Bill Way – President and Chief Operating Officer
We're sharing this knowledge across the whole company. The work started actually in Northeast Pennsylvania in
earnest, looking and trying to optimize landing zones. Then, we began, once we figured that out, we began then
loading up with sand. They have gotten to a 2,000-pound per foot sand loading and they're going to test it a bit
higher.
We moved some of those very people to West Virginia and immediately leapfrogged the time to learn and began
2,000, to as much as 2,500 pounds of sand per foot, same concept around figuring out where the optimum
landing zone was. We had a number of wells that were already drilled that we could theoretically re-steer and try
to figure out what might have happened with those. The timing zone with technology changing and these new
rigs that we have and the adaptation that rotary steerable and some other tools to help steer our wells, we were
able to stay in zone virtually 100% of the time in a very narrow window that when you do all of these three things,
and we haven't quite figured out which one's the largest contributor because they all are doing that, we're seeing
that the application to add to that learning is down there as well. In fact, some of our future wells will test sand
loading even higher than we have done so far.

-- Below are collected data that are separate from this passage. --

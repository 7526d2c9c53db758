-- ===== src/Directives/Bounds/Followed.antt =====
-- The links that a page contributes under the boundaries of the directives.
use lopez.Prelude.{Text, true, false, List, All, ◌≡◌, sym, subst, ◌∙◌}
use lopez.Prelude.Sort.{Member}
use lopez.Extern.{Extern}
use lopez.Urls.{Urls, HasQueries, IsOrdered}
use lopez.Crawler.Reason.{Reason}
use lopez.Crawler.Boundaries.{Link, clean_links}
use lopez.Crawler.Boundaries.Links.{clean_links_iff}
use lopez.Directives.Bounds.{Bounds, keeps_param, is_allowed, is_frontier, as_boundaries}
use lopez.Directives.Bounds.Params.{filter_query_params-idempotent, filter_query_params-All}

-- What every link that is followed obeys.
abbrev pub IsInside : {ext : Extern} (urls : Urls) → Bounds ext → urls.Url → Type 0
IsInside urls self url =
    (is_allowed urls self url ≡ true)
    × All (λ pair. keeps_param self pair ≡ true) (urls.query_pairs url)

-- Under the boundaries of the directives, every link that `clean_links` gives is allowed as it
-- stands and has only the query parameters that are used and not ignored; and a page on the frontier
-- gives none. URLs are ordered, and setting a query sets its pairs and nothing else.
pub clean_links-IsInside :
    {ext : Extern} (urls : Urls) (order : IsOrdered urls) (queries : HasQueries urls)
    (self : Bounds ext) (page_url : urls.Url) (links : List (Reason × Text)) (l : Link urls)
    → Member l (clean_links urls (as_boundaries urls self) page_url links)
    → (is_frontier urls self page_url ≡ false) × IsInside urls self l.1
clean_links-IsInside urls order queries self page_url links l m =
    let (inside, (raw, url, _, _, a, e)) =
      (clean_links_iff urls order (as_boundaries urls self) page_url links l).0.0 m in
    let once = e ∙ filter_query_params-idempotent urls queries self url in
    (
      inside,
      subst (IsInside urls self) (sym once) (a, filter_query_params-All urls queries self url),
    )
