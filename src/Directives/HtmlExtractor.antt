-- ===== src/Directives/HtmlExtractor.antt =====
-- lib-lopez/src/directives/extractor.rs and selector.rs: what is taken from an element of a page.
-- The document, its elements and the CSS selectors are the `scraper` crate's, a parameter.
pub mod Sound
pub mod Rules
use lopez.Prelude.{
  ℕ, Text, bytes, ◌++◌, ◌==◌, join, map, filter_map, List, [], ◌∷◌, Option, none, some, Result, ok,
  err, Bool, if◌then◌else◌,
}
use lopez.Prelude.Outcome
use lopez.Prelude.Panic.{◌>>=◌, map_all}
use lopez.Extern.{Extern}
use lopez.JsonType.{JsonType, string, array}
use lopez.Value.{Value, null, object, of_items, collect_map}
use lopez.Expressions.Error.{Error}
use lopez.Expressions.Transformer.{TransformerExpression}
use lopez.Expressions.Transformer.TypeFor.{type_for_all}
use lopez.Expressions.Transformer.Eval.{eval_all}
use lopez.Expressions.Extractor.{Extraction, with_transformers}

-- The `scraper` crate: `ElementRef`, the nodes of the tree, `Selector`, and their methods.
pub record Dom : Type 1 where
  pub ElementRef : Type 0
  pub Node : Type 0
  pub CssSelector : Type 0
  -- `value().name()`, `html()` and `inner_html()`.
  pub name : ElementRef → Text
  pub html : ElementRef → Text
  pub inner_html : ElementRef → Text
  -- The pieces of text below an element.
  pub text : ElementRef → List Text
  pub attr : Text → ElementRef → Option Text
  pub attrs : ElementRef → List (Text × Text)
  pub classes : ElementRef → List Text
  pub id : ElementRef → Option Text
  pub parent : ElementRef → Option Node
  pub children : ElementRef → List Node
  pub wrap : Node → Option ElementRef
  -- The elements below one that a selector selects, in the order of the document.
  pub select : CssSelector → ElementRef → List ElementRef
  -- `Selector::parse`, with the error as `{:?}` writes it, and the selector as `{:?}` writes it.
  pub parse : Text → Result Text CssSelector
  pub selector_debug : CssSelector → Text
  pub selector_eq : CssSelector → CssSelector → Bool

module _ (dom : Dom) where
  pub record Selector : Type 0 where
    pub selector : dom.CssSelector
    pub original : Text

module _ {dom : Dom} where
  unfoldable pub from_str : Text → Result Text (Selector dom)
  from_str i =
      Outcome.◌>>=◌ (dom.parse i) λ selector. ok (record { selector = selector; original = i })

  unfoldable pub selector_text : Selector dom → Text
  selector_text s = s.original

  -- `eq` forgets the text that a selector was parsed from.
  unfoldable pub selector_equals : Selector dom → Selector dom → Bool
  selector_equals s t = dom.selector_eq s.selector t.selector

module _ (ext : Extern) (dom : Dom) where
  mutual
    pub data Extractor : Type 0 where
      name text html inner_html : Extractor
      attr : Text → Extractor
      attrs classes id : Extractor
      parent children : Inner → Extractor
      select_any select_all : Inner → Selector dom → Extractor

    -- `ExtractorExpression<Self>`.
    pub data Inner : Type 0 where
      expression : Extractor → TransformerExpression ext → Inner

-- `s.replace('"', "\\\"")`.
abbrev pub escape_quotes : Text → Text
escape_quotes [] = []
escape_quotes (c ∷ s) = let rest = escape_quotes s in if c == 34 then 92 ∷ 34 ∷ rest else c ∷ rest

-- `{:?}` of a selector: its derived `Debug`.
abbrev selector_debug_text : (ext : Extern) {dom : Dom} → Selector dom → Text
selector_debug_text ext {dom} s =
    bytes "Selector { selector: "
    ++ (dom.selector_debug s.selector
        ++ (bytes ", original: " ++ (ext.debug_text s.original ++ bytes " }")))

abbrev pub parent_element : (dom : Dom) → dom.ElementRef → Option dom.ElementRef
parent_element dom self = dom.parent self >>= dom.wrap

module _ {ext : Extern} where
  -- `map(Into::into).unwrap_or(Value::Null)`.
  abbrev pub string_or_null : Option Text → Value ext
  string_or_null none = null
  string_or_null (some s) = Value.string s

  -- `vs.collect::<Vec<_>>().into()`.
  abbrev pub of_values : List (Value ext) → Value ext
  of_values vs = Value.array (of_items vs)

-- `next()` of an iterator.
abbrev pub first : {A : Type 0} → List A → Option A
first [] = none
first (a ∷ xs) = some a

-- `map(f).unwrap_or(Value::Null)` and `map(f).collect::<Vec<_>>().into()`.
module _ {ext : Extern} {Element : Type 0} (f : Element → Option (Value ext)) where
  abbrev pub value_or_null : Option Element → Option (Value ext)
  value_or_null none = some null
  value_or_null (some element) = f element

  abbrev pub all_values : List Element → Option (Value ext)
  all_values elements = map_all f elements >>= λ vs. some (of_values vs)

module _ {ext : Extern} {dom : Dom} where
  unfoldable mutual
    pub extractor_text : Extractor ext dom → Text
    extractor_text name = bytes "name"
    extractor_text text = bytes "text"
    extractor_text html = bytes "html"
    extractor_text inner_html = bytes "inner-html"
    extractor_text (attr key) =
        bytes "attr \"" ++ (ext.debug_text (escape_quotes key) ++ bytes "\"")
    extractor_text attrs = bytes "attrs"
    extractor_text classes = bytes "classes"
    extractor_text id = bytes "id"
    extractor_text (parent inner) = bytes "parent(" ++ (inner_text inner ++ bytes ")")
    extractor_text (children inner) = bytes "children(" ++ (inner_text inner ++ bytes ")")
    extractor_text (select_any inner selector) =
        bytes "select-any("
        ++ (inner_text inner ++ (bytes ", " ++ (selector_debug_text ext selector ++ bytes ")")))
    extractor_text (select_all inner selector) =
        bytes "select-any("
        ++ (inner_text inner ++ (bytes ", " ++ (selector_debug_text ext selector ++ bytes ")")))

    inner_text : Inner ext dom → Text
    inner_text (expression extractor transformers) =
        with_transformers (extractor_text extractor) transformers

  unfoldable mutual
    pub type_of : Extractor ext dom → Result Error JsonType
    type_of attrs = ok (JsonType.map string)
    type_of classes = ok (array string)
    type_of (parent inner) = inner_type_of inner
    type_of (children inner) = Outcome.◌>>=◌ (inner_type_of inner) λ t. ok (array t)
    type_of (select_any inner selector) = inner_type_of inner
    type_of (select_all inner selector) = Outcome.◌>>=◌ (inner_type_of inner) λ t. ok (array t)
    type_of _ = ok string

    pub inner_type_of : Inner ext dom → Result Error JsonType
    inner_type_of (expression extractor transformers) =
        Outcome.◌>>=◌ (type_of extractor) λ t. type_for_all transformers t

  unfoldable mutual
    pub extract_with : dom.ElementRef → Extractor ext dom → Option (Value ext)
    extract_with self name = some (Value.string (dom.name self))
    extract_with self html = some (Value.string (dom.html self))
    extract_with self inner_html = some (Value.string (dom.inner_html self))
    extract_with self text = some (Value.string (join (bytes " ") (dom.text self)))
    extract_with self (attr key) = some (string_or_null (dom.attr key self))
    extract_with self attrs =
        some
          (object (collect_map (map (λ (key, value). (key, Value.string value)) (dom.attrs self))))
    extract_with self classes = some (of_values (map Value.string (dom.classes self)))
    extract_with self id = some (string_or_null (dom.id self))
    extract_with self (parent inner) =
        value_or_null (λ e. extract_inner e inner) (parent_element dom self)
    extract_with self (children inner) =
        all_values (λ e. extract_inner e inner) (filter_map dom.wrap (dom.children self))
    extract_with self (select_any inner selector) =
        value_or_null (λ e. extract_inner e inner) (first (dom.select selector.selector self))
    extract_with self (select_all inner selector) =
        all_values (λ e. extract_inner e inner) (dom.select selector.selector self)

    -- `ElementRef::extract_with` of an extractor expression.
    pub extract_inner : dom.ElementRef → Inner ext dom → Option (Value ext)
    extract_inner self (expression extractor transformers) =
        extract_with self extractor >>= λ v. eval_all transformers v

-- The extractors of HTML elements, as the traits `Typed` and `Extractable` present them.
unfoldable pub html_extraction : (ext : Extern) (dom : Dom) → Extraction ext
html_extraction ext dom = record {
  Extractor = Extractor ext dom;
  Operand = dom.ElementRef;
  extractor_text = extractor_text;
  type_of = type_of;
  extract_with = extract_with;
}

And then you can take that very learning and take it to the Fayetteville, and just over the last year we have
doubled the sand concentration, we have improved steering and staying in zone as a metric and looked at landing
zones and those wells also have had some benefit from that. It's a little earlier to tell in there because we have
been doing some modified flowbacks and that sort of thing, but it's really a key for us to network and share these
learnings across the area. So we think that with the exception of liquid rich gas which has some different
characteristics potentially on stage spacing, these techniques are transferable across our divisions.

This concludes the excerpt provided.